TASK PROMPT: Work through the data line by line, gathering every line that has the word "false".

RECORDS FOR THIS TASK:
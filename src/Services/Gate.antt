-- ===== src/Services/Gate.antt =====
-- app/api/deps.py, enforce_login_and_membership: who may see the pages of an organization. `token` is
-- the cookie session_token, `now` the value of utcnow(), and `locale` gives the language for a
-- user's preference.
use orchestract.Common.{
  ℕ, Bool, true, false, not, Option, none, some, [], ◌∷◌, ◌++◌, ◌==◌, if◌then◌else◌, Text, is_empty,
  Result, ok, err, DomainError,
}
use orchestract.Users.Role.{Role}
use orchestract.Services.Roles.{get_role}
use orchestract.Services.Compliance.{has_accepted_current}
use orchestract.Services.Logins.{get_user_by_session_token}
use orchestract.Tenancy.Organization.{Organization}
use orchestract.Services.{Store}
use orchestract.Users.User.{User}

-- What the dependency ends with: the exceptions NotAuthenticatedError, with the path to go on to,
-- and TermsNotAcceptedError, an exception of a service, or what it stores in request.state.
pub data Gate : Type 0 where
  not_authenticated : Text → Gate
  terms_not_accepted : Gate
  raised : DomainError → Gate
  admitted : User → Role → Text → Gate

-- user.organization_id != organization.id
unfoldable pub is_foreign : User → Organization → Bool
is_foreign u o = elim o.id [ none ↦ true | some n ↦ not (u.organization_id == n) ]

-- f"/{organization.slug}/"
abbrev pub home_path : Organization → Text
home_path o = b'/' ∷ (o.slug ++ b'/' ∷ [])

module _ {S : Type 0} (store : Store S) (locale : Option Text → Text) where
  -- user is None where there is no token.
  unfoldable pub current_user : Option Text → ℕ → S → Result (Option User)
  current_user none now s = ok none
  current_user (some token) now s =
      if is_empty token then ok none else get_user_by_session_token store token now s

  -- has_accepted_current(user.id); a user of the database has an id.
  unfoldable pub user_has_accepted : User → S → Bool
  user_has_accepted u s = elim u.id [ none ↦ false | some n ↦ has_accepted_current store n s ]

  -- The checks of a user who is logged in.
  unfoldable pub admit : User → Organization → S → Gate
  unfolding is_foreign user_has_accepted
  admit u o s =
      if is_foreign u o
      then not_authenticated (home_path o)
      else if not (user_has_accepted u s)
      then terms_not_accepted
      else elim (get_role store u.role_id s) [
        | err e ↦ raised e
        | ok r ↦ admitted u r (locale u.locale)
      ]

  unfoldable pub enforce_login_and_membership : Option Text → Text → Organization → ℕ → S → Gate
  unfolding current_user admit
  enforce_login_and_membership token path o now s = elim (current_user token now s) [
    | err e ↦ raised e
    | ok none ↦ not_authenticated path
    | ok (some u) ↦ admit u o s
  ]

EXERCISE SOLUTION:
  ℕ, Bool, true, false, not, Option, none, some, [], ◌∷◌, ◌++◌, ◌==◌, if◌then◌else◌, Text, is_empty,
  user_has_accepted u s = elim u.id [ none ↦ false | some n ↦ has_accepted_current store n s ]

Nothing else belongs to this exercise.